Besnoitia bennetti

Scientific classification
- Domain: Eukaryota
- Clade: Diaphoretickes
- Clade: SAR
- Clade: Alveolata
- Phylum: Apicomplexa
- Class: Conoidasida
- Order: Eucoccidiorida
- Family: Sarcocystidae
- Genus: Besnoitia
- Species: B. bennetti
- Binomial name: Besnoitia bennetti (Bennett, 1927) Babudieri, 1932

= Besnoitia bennetti =

- Genus: Besnoitia
- Species: bennetti
- Authority: (Bennett, 1927) Babudieri, 1932

Species of single-celled organism

Besnoitia bennetti is a parasite that can cause besnoitiosis infections in donkeys. The range of this organism ranges from Africa to the United States. B. bennettii shares similar characteristics with Toxoplasma, Neospora, and Sarcocystis genera.
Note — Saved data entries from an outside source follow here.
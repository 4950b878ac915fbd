-- ===== src/Error.antt =====
-- The crate's error type: crates/imi-core/src/error.rs. A message is its format text with the
-- numbers and byte strings that are put into it; how it is rendered is not modelled.
pub mod Classify
use imi.Common.{
  ℕ, String, Bytes, codes, List, [], ◌∷◌, Option, none, some, Bool, true, false, ◌&&◌, Result, ok,
  err, if◌then◌else◌,
}

pub data ErrorKind : Type 0 where
  refused cancelled verification_failed failed : ErrorKind

pub data DeviceState : Type 0 where
  untouched indeterminate written : DeviceState

-- `std::io::ErrorKind`, as far as the source tells its values apart
pub data IoKind : Type 0 where
  interrupted storage_full write_zero unexpected_eof not_found : IoKind
  other : ℕ → IoKind

pub data Detail : Type 0 where
  say : String → List ℕ → List Bytes → Detail
  -- the model's own mark of a loop that was given too little fuel
  out_of_fuel : Detail

abbrev pub text : String → Detail
text s = say s [] []

-- The error values that are not `Error` and are wrapped by it.
pub data Cause : Type 0 where
  cancelled_during : Option String → Cause
  mismatch : ℕ → Bytes → Cause
  io : IoKind → Cause
  malformed : String → Cause  -- `ParseIntError`, `NulError`

pub record Error : Type 0 where
  pub detail : Detail
  pub source : List Detail
  pub kind : ErrorKind
  pub device : DeviceState

-- What `layer` and `kind_of` look at through `dyn StdError`.
pub data Source : Type 0 where
  inner : Error → Source
  foreign : Cause → Source

-- `Display` of a cause
abbrev pub display : Cause → Detail
display (cancelled_during (some what)) = say "cancelled by user during" [] (codes what ∷ [])
display (cancelled_during none) = text "cancelled by user"
display (mismatch offset image) =
    say "verification mismatch at byte offset" (offset ∷ []) (image ∷ [])
display (io kind) = text "io"
display (malformed what) = text what

unfoldable pub kind_of : Source → ErrorKind
kind_of (inner e) = e.kind
kind_of (foreign (cancelled_during during)) = cancelled
kind_of (foreign (mismatch offset image)) = verification_failed
kind_of (foreign (io kind)) = failed
kind_of (foreign (malformed what)) = failed

-- `Error::msg`, and `bail!`/`err!` with a literal
unfoldable pub msg : Detail → Error
msg d = record { detail = d; source = []; kind = failed; device = indeterminate }

-- `Error::from_source`, and `bail!`/`err!` with a value
unfoldable pub from_source : Cause → Error
unfolding kind_of
from_source c = record {
  detail = display c;
  source = [];
  kind = kind_of (foreign c);
  device = indeterminate;
}

-- the messages beneath a layer, outermost first
abbrev pub chain : Source → List Detail
chain (inner e) = e.detail ∷ e.source
chain (foreign c) = display c ∷ []

abbrev inner_device : Source → DeviceState
inner_device (inner e) = e.device
inner_device (foreign c) = indeterminate

unfoldable pub layer : Detail → Source → Error
unfolding kind_of
layer d s = record { detail = d; source = chain s; kind = kind_of s; device = inner_device s }

-- the inherent `Error::context`
unfoldable pub add_context : Detail → Error → Error
add_context d e = record {
  detail = d;
  source = e.detail ∷ e.source;
  kind = e.kind;
  device = e.device;
}

abbrev is_failed : ErrorKind → Bool
is_failed failed = true
is_failed _ = false

abbrev is_untouched : DeviceState → Bool
is_untouched untouched = true
is_untouched _ = false

-- `Error::at`
unfoldable pub at : DeviceState → Error → Error
at device e =
    let e' = record e { device = device } in
    if is_failed e'.kind && is_untouched device then record e' { kind = refused } else e'

-- `Context::context` on a `Result` whose error is an `Error`
unfoldable pub context {ℓ} : {A : Type ℓ} → Detail → Result Error A → Result Error A
unfolding layer
context d (ok a) = ok a
context d (err e) = err (layer d (inner e))

-- `Context::context` on a `Result` whose error comes from outside
unfoldable pub context_io {ℓ} : {A : Type ℓ} → Detail → Result IoKind A → Result Error A
unfolding layer
context_io d (ok a) = ok a
context_io d (err k) = err (layer d (foreign (io k)))

-- `Context::context` on an `Option`
unfoldable pub context_none {ℓ} : {A : Type ℓ} → Detail → Option A → Result Error A
unfolding msg
context_none d (some a) = ok a
context_none d none = err (msg d)

pub Kind-discrete : Discrete ErrorKind
Kind-discrete = hlevel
Lab work on B. bennetti is conducted at biosafety level 1.

==Range==
Besnoitia bennetti originated in Africa, causing besnoitiosis in donkeys and horses there. Currently, the organism exists in Sudan, South Africa, France, the Pyrenees, Mexico, and the United States. The first recorded infection of this species was documented in 1927 in Sudan. The species was believed to have spread from the Nuba Mountains. The first documented case in the United States occurred in 1957, when the species was found in the skin of burros.

==Pathogenesis==
The instance of this species in a medical journal was in 1927, in an article written by S.C.J. Bennett. In an expedition to Sudan, Bennett found four horses that had developed cysts consistent with what was eventually called besnoitiosis. Bennett at first mistakenly believed that the infection he found was caused by species of Sarcocystis or Globidium and that the organism infected cattle in addition to horses. In 1932, the species was placed into the Besnoitia genus by Babudieri. The first instance of an infection in South Africa appeared in a medical journal in 1955. B. bennetti was discovered in the United States in 1973 in an experimental herd of Mexican burros.

==Diagnosis==
In infected donkeys, B. bennetti formed cysts in the eyes, mouth, and testes. The mode of transmission among donkeys has not been determined. Treatments with ponazuril, trimethoprim-sulfamethoxazole, and nitroxinide have been unable to clear infection.

While B. bennetti has only been found to infect donkeys, it has experimentally been shown not to infect mice, rats, gerbils, or cats.